Source records START

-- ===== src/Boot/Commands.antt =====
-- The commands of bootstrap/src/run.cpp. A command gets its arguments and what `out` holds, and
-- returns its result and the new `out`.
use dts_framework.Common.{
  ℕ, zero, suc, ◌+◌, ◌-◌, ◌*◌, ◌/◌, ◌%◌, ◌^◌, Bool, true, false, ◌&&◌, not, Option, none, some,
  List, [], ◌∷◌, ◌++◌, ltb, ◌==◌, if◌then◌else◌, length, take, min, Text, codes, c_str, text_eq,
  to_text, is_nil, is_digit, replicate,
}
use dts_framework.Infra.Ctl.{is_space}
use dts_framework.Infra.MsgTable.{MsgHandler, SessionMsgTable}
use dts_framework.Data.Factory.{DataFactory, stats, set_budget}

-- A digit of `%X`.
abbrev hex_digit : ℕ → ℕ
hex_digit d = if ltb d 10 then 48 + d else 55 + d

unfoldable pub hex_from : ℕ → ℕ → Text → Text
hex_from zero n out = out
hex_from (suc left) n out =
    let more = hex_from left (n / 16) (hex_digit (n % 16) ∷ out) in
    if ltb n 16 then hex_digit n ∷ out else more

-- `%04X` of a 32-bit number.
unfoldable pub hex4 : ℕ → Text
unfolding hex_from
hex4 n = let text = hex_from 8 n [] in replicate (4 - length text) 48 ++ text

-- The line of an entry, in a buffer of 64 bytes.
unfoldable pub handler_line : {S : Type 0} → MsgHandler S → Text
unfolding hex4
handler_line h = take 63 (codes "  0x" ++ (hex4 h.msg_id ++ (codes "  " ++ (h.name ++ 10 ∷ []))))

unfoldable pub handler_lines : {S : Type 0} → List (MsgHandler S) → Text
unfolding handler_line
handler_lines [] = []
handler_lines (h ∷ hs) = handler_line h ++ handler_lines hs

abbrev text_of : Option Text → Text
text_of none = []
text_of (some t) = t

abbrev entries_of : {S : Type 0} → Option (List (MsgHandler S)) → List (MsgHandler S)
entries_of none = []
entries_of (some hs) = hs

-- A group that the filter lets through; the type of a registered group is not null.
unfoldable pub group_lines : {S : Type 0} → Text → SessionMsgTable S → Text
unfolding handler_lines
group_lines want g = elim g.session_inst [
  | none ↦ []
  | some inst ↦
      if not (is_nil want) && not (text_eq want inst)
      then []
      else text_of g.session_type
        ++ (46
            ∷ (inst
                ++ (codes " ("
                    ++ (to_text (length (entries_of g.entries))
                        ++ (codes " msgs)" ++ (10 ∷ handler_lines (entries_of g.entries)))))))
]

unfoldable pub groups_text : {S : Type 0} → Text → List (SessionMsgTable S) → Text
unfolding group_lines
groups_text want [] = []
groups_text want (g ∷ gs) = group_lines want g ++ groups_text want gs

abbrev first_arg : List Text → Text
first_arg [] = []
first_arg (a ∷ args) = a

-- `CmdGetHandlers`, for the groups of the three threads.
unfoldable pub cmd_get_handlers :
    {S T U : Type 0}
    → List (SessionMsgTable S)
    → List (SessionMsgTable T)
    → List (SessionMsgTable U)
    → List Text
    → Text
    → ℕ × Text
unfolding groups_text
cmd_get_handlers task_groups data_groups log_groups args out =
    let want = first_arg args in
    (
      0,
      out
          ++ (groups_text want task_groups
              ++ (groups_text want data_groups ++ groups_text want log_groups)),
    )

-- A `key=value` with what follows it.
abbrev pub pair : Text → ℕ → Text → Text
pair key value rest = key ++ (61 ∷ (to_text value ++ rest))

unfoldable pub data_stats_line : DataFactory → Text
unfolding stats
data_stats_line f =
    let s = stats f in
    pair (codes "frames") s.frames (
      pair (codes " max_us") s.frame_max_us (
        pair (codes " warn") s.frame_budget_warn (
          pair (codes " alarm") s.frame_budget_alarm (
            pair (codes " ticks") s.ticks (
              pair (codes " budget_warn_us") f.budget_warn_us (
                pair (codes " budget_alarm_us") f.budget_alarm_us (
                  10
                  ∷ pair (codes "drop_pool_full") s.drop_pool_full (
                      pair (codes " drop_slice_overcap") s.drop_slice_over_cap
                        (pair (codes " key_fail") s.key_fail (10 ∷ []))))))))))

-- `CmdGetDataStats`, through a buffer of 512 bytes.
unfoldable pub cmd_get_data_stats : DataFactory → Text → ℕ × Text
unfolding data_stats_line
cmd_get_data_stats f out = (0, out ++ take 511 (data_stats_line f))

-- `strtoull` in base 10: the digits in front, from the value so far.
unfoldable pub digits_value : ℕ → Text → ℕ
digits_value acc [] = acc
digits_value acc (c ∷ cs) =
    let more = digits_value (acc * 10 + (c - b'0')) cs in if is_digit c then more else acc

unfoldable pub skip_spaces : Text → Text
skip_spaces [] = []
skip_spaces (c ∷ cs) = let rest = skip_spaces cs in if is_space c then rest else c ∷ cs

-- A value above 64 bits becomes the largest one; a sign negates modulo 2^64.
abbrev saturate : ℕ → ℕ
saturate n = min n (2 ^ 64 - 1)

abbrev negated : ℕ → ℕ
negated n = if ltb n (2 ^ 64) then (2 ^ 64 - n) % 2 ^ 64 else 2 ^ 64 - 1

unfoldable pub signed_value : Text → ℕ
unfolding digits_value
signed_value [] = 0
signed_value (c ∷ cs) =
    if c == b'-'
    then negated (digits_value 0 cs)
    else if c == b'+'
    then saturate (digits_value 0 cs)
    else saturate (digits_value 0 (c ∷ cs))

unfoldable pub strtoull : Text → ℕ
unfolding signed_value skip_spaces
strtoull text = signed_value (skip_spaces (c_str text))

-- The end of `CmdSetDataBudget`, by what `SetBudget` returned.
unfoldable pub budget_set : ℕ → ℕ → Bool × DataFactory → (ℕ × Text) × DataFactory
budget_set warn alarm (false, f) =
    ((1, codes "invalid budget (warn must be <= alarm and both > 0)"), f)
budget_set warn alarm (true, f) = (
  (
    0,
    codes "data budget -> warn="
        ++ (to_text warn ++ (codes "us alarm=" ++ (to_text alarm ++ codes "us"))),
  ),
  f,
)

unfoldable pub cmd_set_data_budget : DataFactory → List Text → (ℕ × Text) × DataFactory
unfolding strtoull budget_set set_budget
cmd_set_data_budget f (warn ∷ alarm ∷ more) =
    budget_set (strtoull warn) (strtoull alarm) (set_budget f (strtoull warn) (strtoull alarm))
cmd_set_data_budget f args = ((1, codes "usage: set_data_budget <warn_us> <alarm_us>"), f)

Source records END

#### [What you will do]
Give the records above again in full, keeping every character unchanged.

#### [Solution to the problem]
-- ===== src/Boot/Commands.antt =====
-- The commands of bootstrap/src/run.cpp. A command gets its arguments and what `out` holds, and
-- returns its result and the new `out`.
use dts_framework.Common.{
  ℕ, zero, suc, ◌+◌, ◌-◌, ◌*◌, ◌/◌, ◌%◌, ◌^◌, Bool, true, false, ◌&&◌, not, Option, none, some,
  List, [], ◌∷◌, ◌++◌, ltb, ◌==◌, if◌then◌else◌, length, take, min, Text, codes, c_str, text_eq,
  to_text, is_nil, is_digit, replicate,
}
use dts_framework.Infra.Ctl.{is_space}
use dts_framework.Infra.MsgTable.{MsgHandler, SessionMsgTable}
use dts_framework.Data.Factory.{DataFactory, stats, set_budget}

-- A digit of `%X`.
abbrev hex_digit : ℕ → ℕ
hex_digit d = if ltb d 10 then 48 + d else 55 + d

unfoldable pub hex_from : ℕ → ℕ → Text → Text
hex_from zero n out = out
hex_from (suc left) n out =
    let more = hex_from left (n / 16) (hex_digit (n % 16) ∷ out) in
    if ltb n 16 then hex_digit n ∷ out else more

-- `%04X` of a 32-bit number.
unfoldable pub hex4 : ℕ → Text
unfolding hex_from
hex4 n = let text = hex_from 8 n [] in replicate (4 - length text) 48 ++ text

-- The line of an entry, in a buffer of 64 bytes.
unfoldable pub handler_line : {S : Type 0} → MsgHandler S → Text
unfolding hex4
handler_line h = take 63 (codes "  0x" ++ (hex4 h.msg_id ++ (codes "  " ++ (h.name ++ 10 ∷ []))))

unfoldable pub handler_lines : {S : Type 0} → List (MsgHandler S) → Text
unfolding handler_line
handler_lines [] = []
handler_lines (h ∷ hs) = handler_line h ++ handler_lines hs

abbrev text_of : Option Text → Text
text_of none = []
text_of (some t) = t

abbrev entries_of : {S : Type 0} → Option (List (MsgHandler S)) → List (MsgHandler S)
entries_of none = []
entries_of (some hs) = hs

-- A group that the filter lets through; the type of a registered group is not null.
unfoldable pub group_lines : {S : Type 0} → Text → SessionMsgTable S → Text
unfolding handler_lines
group_lines want g = elim g.session_inst [
  | none ↦ []
  | some inst ↦
      if not (is_nil want) && not (text_eq want inst)
      then []
      else text_of g.session_type
        ++ (46
            ∷ (inst
                ++ (codes " ("
                    ++ (to_text (length (entries_of g.entries))
                        ++ (codes " msgs)" ++ (10 ∷ handler_lines (entries_of g.entries)))))))
]

unfoldable pub groups_text : {S : Type 0} → Text → List (SessionMsgTable S) → Text
unfolding group_lines
groups_text want [] = []
groups_text want (g ∷ gs) = group_lines want g ++ groups_text want gs

abbrev first_arg : List Text → Text
first_arg [] = []
first_arg (a ∷ args) = a

-- `CmdGetHandlers`, for the groups of the three threads.
unfoldable pub cmd_get_handlers :
    {S T U : Type 0}
    → List (SessionMsgTable S)
    → List (SessionMsgTable T)
    → List (SessionMsgTable U)
    → List Text
    → Text
    → ℕ × Text
unfolding groups_text
cmd_get_handlers task_groups data_groups log_groups args out =
    let want = first_arg args in
    (
      0,
      out
          ++ (groups_text want task_groups
              ++ (groups_text want data_groups ++ groups_text want log_groups)),
    )

-- A `key=value` with what follows it.
abbrev pub pair : Text → ℕ → Text → Text
pair key value rest = key ++ (61 ∷ (to_text value ++ rest))

unfoldable pub data_stats_line : DataFactory → Text
unfolding stats
data_stats_line f =
    let s = stats f in
    pair (codes "frames") s.frames (
      pair (codes " max_us") s.frame_max_us (
        pair (codes " warn") s.frame_budget_warn (
          pair (codes " alarm") s.frame_budget_alarm (
            pair (codes " ticks") s.ticks (
              pair (codes " budget_warn_us") f.budget_warn_us (
                pair (codes " budget_alarm_us") f.budget_alarm_us (
                  10
                  ∷ pair (codes "drop_pool_full") s.drop_pool_full (
                      pair (codes " drop_slice_overcap") s.drop_slice_over_cap
                        (pair (codes " key_fail") s.key_fail (10 ∷ []))))))))))

-- `CmdGetDataStats`, through a buffer of 512 bytes.
unfoldable pub cmd_get_data_stats : DataFactory → Text → ℕ × Text
unfolding data_stats_line
cmd_get_data_stats f out = (0, out ++ take 511 (data_stats_line f))

-- `strtoull` in base 10: the digits in front, from the value so far.
unfoldable pub digits_value : ℕ → Text → ℕ
digits_value acc [] = acc
digits_value acc (c ∷ cs) =
    let more = digits_value (acc * 10 + (c - b'0')) cs in if is_digit c then more else acc

unfoldable pub skip_spaces : Text → Text
skip_spaces [] = []
skip_spaces (c ∷ cs) = let rest = skip_spaces cs in if is_space c then rest else c ∷ cs

-- A value above 64 bits becomes the largest one; a sign negates modulo 2^64.
abbrev saturate : ℕ → ℕ
saturate n = min n (2 ^ 64 - 1)

abbrev negated : ℕ → ℕ
negated n = if ltb n (2 ^ 64) then (2 ^ 64 - n) % 2 ^ 64 else 2 ^ 64 - 1

unfoldable pub signed_value : Text → ℕ
unfolding digits_value
signed_value [] = 0
signed_value (c ∷ cs) =
    if c == b'-'
    then negated (digits_value 0 cs)
    else if c == b'+'
    then saturate (digits_value 0 cs)
    else saturate (digits_value 0 (c ∷ cs))

unfoldable pub strtoull : Text → ℕ
unfolding signed_value skip_spaces
strtoull text = signed_value (skip_spaces (c_str text))

-- The end of `CmdSetDataBudget`, by what `SetBudget` returned.
unfoldable pub budget_set : ℕ → ℕ → Bool × DataFactory → (ℕ × Text) × DataFactory
budget_set warn alarm (false, f) =
    ((1, codes "invalid budget (warn must be <= alarm and both > 0)"), f)
budget_set warn alarm (true, f) = (
  (
    0,
    codes "data budget -> warn="
        ++ (to_text warn ++ (codes "us alarm=" ++ (to_text alarm ++ codes "us"))),
  ),
  f,
)

unfoldable pub cmd_set_data_budget : DataFactory → List Text → (ℕ × Text) × DataFactory
unfolding strtoull budget_set set_budget
cmd_set_data_budget f (warn ∷ alarm ∷ more) =
    budget_set (strtoull warn) (strtoull alarm) (set_budget f (strtoull warn) (strtoull alarm))
cmd_set_data_budget f args = ((1, codes "usage: set_data_budget <warn_us> <alarm_us>"), f)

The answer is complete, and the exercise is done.